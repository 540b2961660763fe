-- ===== src/Api/Activity.antt =====
-- web/ui/src/api/activity.ts: the history of all torrents. `URLSearchParams.toString` is the
-- parameter `query_text`.
use haul.Base.{
  ℕ, true, Option, none, some, List, [], ◌∷◌, ◌++◌, String, ◌<>◌, truthy, show_nat, if◌then◌else◌,
}
use haul.Api.Types.{Json, text, number, part, count, fields, Query}
use haul.Api.Admin.{set_text}

pub data ActivitySort : Type 0 where
  added_at completed_at removed_at size_bytes resolution name : ActivitySort

abbrev pub sort_name : ActivitySort → String
sort_name added_at = "added_at"
sort_name completed_at = "completed_at"
sort_name removed_at = "removed_at"
sort_name size_bytes = "size_bytes"
sort_name resolution = "resolution"
sort_name name = "name"

pub data ActivityStatus : Type 0 where
  all active completed removed : ActivityStatus

abbrev pub status_name : ActivityStatus → String
status_name all = "all"
status_name active = "active"
status_name completed = "completed"
status_name removed = "removed"

pub data Order : Type 0 where
  asc desc : Order

abbrev pub order_name : Order → String
order_name asc = "asc"
order_name desc = "desc"

pub record ActivityListParams : Type 0 where
  pub q : Option String
  pub status : Option ActivityStatus
  pub sort : Option ActivitySort
  pub order : Option Order
  pub limit : Option ℕ
  pub offset : Option ℕ

abbrev set_status : Option ActivityStatus → List (String × String)
set_status none = []
set_status (some all) = []
set_status (some s) = ("status", status_name s) ∷ []

-- `if (params.limit !== undefined)`: 0 is sent.
abbrev set_number : String → Option ℕ → List (String × String)
set_number key none = []
set_number key (some n) = (key, show_nat n) ∷ []

unfoldable pub build_pairs : ActivityListParams → List (String × String)
build_pairs params =
    set_text "q" params.q
    ++ (set_status params.status
        ++ (elim params.sort [ none ↦ [] | some s ↦ ("sort", sort_name s) ∷ [] ]
            ++ (elim params.order [ none ↦ [] | some o ↦ ("order", order_name o) ∷ [] ]
                ++ (set_number "limit" params.limit ++ set_number "offset" params.offset))))

unfoldable pub build_query : (List (String × String) → String) → ActivityListParams → String
unfolding build_pairs
build_query query_text params =
    let s = query_text (build_pairs params) in if truthy s then "?" <> s else ""

-- The parameters as an object in the query key.
abbrev param_fields : ActivityListParams → List (String × Json)
param_fields params =
    elim params.q [ none ↦ [] | some v ↦ ("q", text v) ∷ [] ]
    ++ (elim params.status [ none ↦ [] | some s ↦ ("status", text (status_name s)) ∷ [] ]
        ++ (elim params.sort [ none ↦ [] | some s ↦ ("sort", text (sort_name s)) ∷ [] ]
            ++ (elim params.order [ none ↦ [] | some o ↦ ("order", text (order_name o)) ∷ [] ]
                ++ (elim params.limit [ none ↦ [] | some n ↦ ("limit", number n) ∷ [] ]
                    ++ elim params.offset [ none ↦ [] | some n ↦ ("offset", number n) ∷ [] ]))))

unfoldable pub use_activity_list : (List (String × String) → String) → ActivityListParams → Query
unfolding build_query
use_activity_list query_text params = record {
  key = part "activity" ∷ fields (param_fields params) ∷ [];
  path = "/activity" <> build_query query_text params;
  enabled = true;
  interval = none;
}

unfoldable pub use_history_by_hash : String → Query
use_history_by_hash hash = record {
  key = part "history" ∷ part hash ∷ [];
  path = "/history/by-hash/" <> hash;
  enabled = truthy hash;
  interval = none;
}

unfoldable pub use_peer_services : Query
use_peer_services = record {
  key = part "peers" ∷ [];
  path = "/peers";
  enabled = true;
  interval = none;
}

unfoldable pub use_activity_events : String → ℕ → Query
use_activity_events hash limit = record {
  key = part "activity" ∷ part hash ∷ part "events" ∷ count limit ∷ [];
  path = "/activity/" <> hash <> "/events?limit=" <> show_nat limit;
  enabled = truthy hash;
  interval = some 5000;
}
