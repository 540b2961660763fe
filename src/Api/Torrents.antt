-- ===== src/Api/Torrents.antt =====
-- web/ui/src/api/torrents.ts: the queries and mutations on torrents. `encode` is
-- `encodeURIComponent`.
use haul.Base.{
  ℕ, Bool, true, Option, none, some, List, [], ◌∷◌, ◌++◌, String, ◌<>◌, truthy, if◌then◌else◌,
}
use haul.Api.Types.{Json, text, texts, number, flag, post, put, delete, part, Query, Mutation}

unfoldable pub use_torrent : String → Bool → Query
use_torrent hash detail_page = record {
  key = part "torrents" ∷ part hash ∷ [];
  path = "/torrents/" <> hash;
  enabled = truthy hash;
  interval = some (if detail_page then 1000 else 2000);
}

unfoldable pub use_torrents : Query
use_torrents = record {
  key = part "torrents" ∷ [];
  path = "/torrents";
  enabled = true;
  interval = some 3000;
}

unfoldable pub use_torrent_files : String → Query
use_torrent_files hash = record {
  key = part "torrents" ∷ part hash ∷ part "files" ∷ [];
  path = "/torrents/" <> hash <> "/files";
  enabled = truthy hash;
  interval = none;
}

unfoldable pub use_torrent_peers : String → Query
use_torrent_peers hash = record {
  key = part "torrents" ∷ part hash ∷ part "peers" ∷ [];
  path = "/torrents/" <> hash <> "/peers";
  enabled = truthy hash;
  interval = some 1000;
}

unfoldable pub use_torrent_pieces : String → Query
use_torrent_pieces hash = record {
  key = part "torrents" ∷ part hash ∷ part "pieces" ∷ [];
  path = "/torrents/" <> hash <> "/pieces";
  enabled = truthy hash;
  interval = some 1000;
}

unfoldable pub use_torrent_trackers : String → Query
use_torrent_trackers hash = record {
  key = part "torrents" ∷ part hash ∷ part "trackers" ∷ [];
  path = "/torrents/" <> hash <> "/trackers";
  enabled = truthy hash;
  interval = some 30000;
}

unfoldable pub use_torrent_stall : String → Query
use_torrent_stall hash = record {
  key = part "torrents" ∷ part hash ∷ part "stall" ∷ [];
  path = "/torrents/" <> hash <> "/stall";
  enabled = truthy hash;
  interval = some 5000;
}

unfoldable pub use_add_trackers : String → List String → Mutation
use_add_trackers hash urls = record {
  request = record {
    method = post;
    path = "/torrents/" <> hash <> "/trackers";
    body = some (("urls", texts urls) ∷ []);
  };
  stale = (part "torrents" ∷ part hash ∷ part "trackers" ∷ []) ∷ [];
}

unfoldable pub use_delete_torrent : String → Bool → Mutation
use_delete_torrent hash delete_files = record {
  request = record {
    method = delete;
    path = "/torrents/" <> hash <> "?delete_files=" <> (if delete_files then "true" else "false");
    body = none;
  };
  stale = (part "torrents" ∷ []) ∷ [];
}

unfoldable pub use_pause_torrent : String → Mutation
use_pause_torrent hash = record {
  request = record { method = post; path = "/torrents/" <> hash <> "/pause"; body = none };
  stale = (part "torrents" ∷ []) ∷ [];
}

unfoldable pub use_resume_torrent : String → Mutation
use_resume_torrent hash = record {
  request = record { method = post; path = "/torrents/" <> hash <> "/resume"; body = none };
  stale = (part "torrents" ∷ []) ∷ [];
}

unfoldable pub use_set_torrent_priority : String → ℕ → Mutation
use_set_torrent_priority hash priority = record {
  request = record {
    method = put;
    path = "/torrents/" <> hash <> "/priority";
    body = some (("priority", number priority) ∷ []);
  };
  stale = (part "torrents" ∷ []) ∷ [];
}

unfoldable pub use_force_start_torrent : String → Mutation
use_force_start_torrent hash = record {
  request = record { method = post; path = "/torrents/" <> hash <> "/force-start"; body = none };
  stale = (part "torrents" ∷ []) ∷ [];
}

unfoldable pub use_recheck_torrent : String → Mutation
use_recheck_torrent hash = record {
  request = record { method = post; path = "/torrents/" <> hash <> "/recheck"; body = none };
  stale = (part "torrents" ∷ []) ∷ [];
}

unfoldable pub use_reannounce_torrent : String → Mutation
use_reannounce_torrent hash = record {
  request = record { method = post; path = "/torrents/" <> hash <> "/reannounce"; body = none };
  stale = [];
}

unfoldable pub use_set_torrent_category : String → String → Mutation
use_set_torrent_category hash category = record {
  request = record {
    method = put;
    path = "/torrents/" <> hash <> "/category";
    body = some (("category", text category) ∷ []);
  };
  stale = (part "torrents" ∷ []) ∷ [];
}

unfoldable pub use_add_torrent_tags : String → List String → Mutation
use_add_torrent_tags hash tags = record {
  request = record {
    method = post;
    path = "/torrents/" <> hash <> "/tags";
    body = some (("tags", texts tags) ∷ []);
  };
  stale = (part "torrents" ∷ []) ∷ [];
}

unfoldable pub use_remove_torrent_tags : String → List String → Mutation
use_remove_torrent_tags hash tags = record {
  request = record {
    method = delete;
    path = "/torrents/" <> hash <> "/tags";
    body = some (("tags", texts tags) ∷ []);
  };
  stale = (part "torrents" ∷ []) ∷ [];
}

unfoldable pub use_research_torrent : String → Mutation
use_research_torrent hash = record {
  request = record { method = post; path = "/torrents/" <> hash <> "/research"; body = none };
  stale = (part "torrents" ∷ []) ∷ (part "activity" ∷ []) ∷ [];
}

unfoldable pub use_set_torrent_location : String → String → Mutation
use_set_torrent_location hash path = record {
  request = record {
    method = put;
    path = "/torrents/" <> hash <> "/location";
    body = some (("path", text path) ∷ []);
  };
  stale = (part "torrents" ∷ []) ∷ [];
}

unfoldable pub use_remove_tracker : (String → String) → String → String → Mutation
use_remove_tracker encode hash url = record {
  request = record {
    method = delete;
    path = "/torrents/" <> hash <> "/trackers?url=" <> encode url;
    body = none;
  };
  stale = (part "torrents" ∷ part hash ∷ part "trackers" ∷ []) ∷ [];
}

-- An optional field of a body that is left out when it is undefined.
abbrev pub optional : {A : Type 0} → String → (A → Json) → Option A → List (String × Json)
optional name json none = []
optional name json (some v) = (name, json v) ∷ []

pub record AddBody : Type 0 where
  pub uri : String
  pub category : Option String
  pub save_path : Option String
  pub paused : Option Bool

unfoldable pub use_add_torrent : AddBody → Mutation
use_add_torrent body = record {
  request = record {
    method = post;
    path = "/torrents";
    body = some (
        ("uri", text body.uri) ∷ optional "category" text body.category
        ++ (optional "save_path" text body.save_path ++ optional "paused" flag body.paused));
  };
  stale = (part "torrents" ∷ []) ∷ [];
}

unfoldable pub use_reorder_torrents : List String → Mutation
use_reorder_torrents order = record {
  request = record {
    method = put;
    path = "/torrents/reorder";
    body = some (("order", texts order) ∷ []);
  };
  stale = (part "torrents" ∷ []) ∷ [];
}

|---|

• _Your instructions_
Copy the lines above exactly. Start with the line containing "asc desc : Order", end with the line containing "params.limit ++ set_number", and include both.

• _Response box_
  asc desc : Order

abbrev pub order_name : Order → String
order_name asc = "asc"
order_name desc = "desc"

pub record ActivityListParams : Type 0 where
  pub q : Option String
  pub status : Option ActivityStatus
  pub sort : Option ActivitySort
  pub order : Option Order
  pub limit : Option ℕ
  pub offset : Option ℕ

abbrev set_status : Option ActivityStatus → List (String × String)
set_status none = []
set_status (some all) = []
set_status (some s) = ("status", status_name s) ∷ []

-- `if (params.limit !== undefined)`: 0 is sent.
abbrev set_number : String → Option ℕ → List (String × String)
set_number key none = []
set_number key (some n) = (key, show_nat n) ∷ []

unfoldable pub build_pairs : ActivityListParams → List (String × String)
build_pairs params =
    set_text "q" params.q
    ++ (set_status params.status
        ++ (elim params.sort [ none ↦ [] | some s ↦ ("sort", sort_name s) ∷ [] ]
            ++ (elim params.order [ none ↦ [] | some o ↦ ("order", order_name o) ∷ [] ]
                ++ (set_number "limit" params.limit ++ set_number "offset" params.offset))))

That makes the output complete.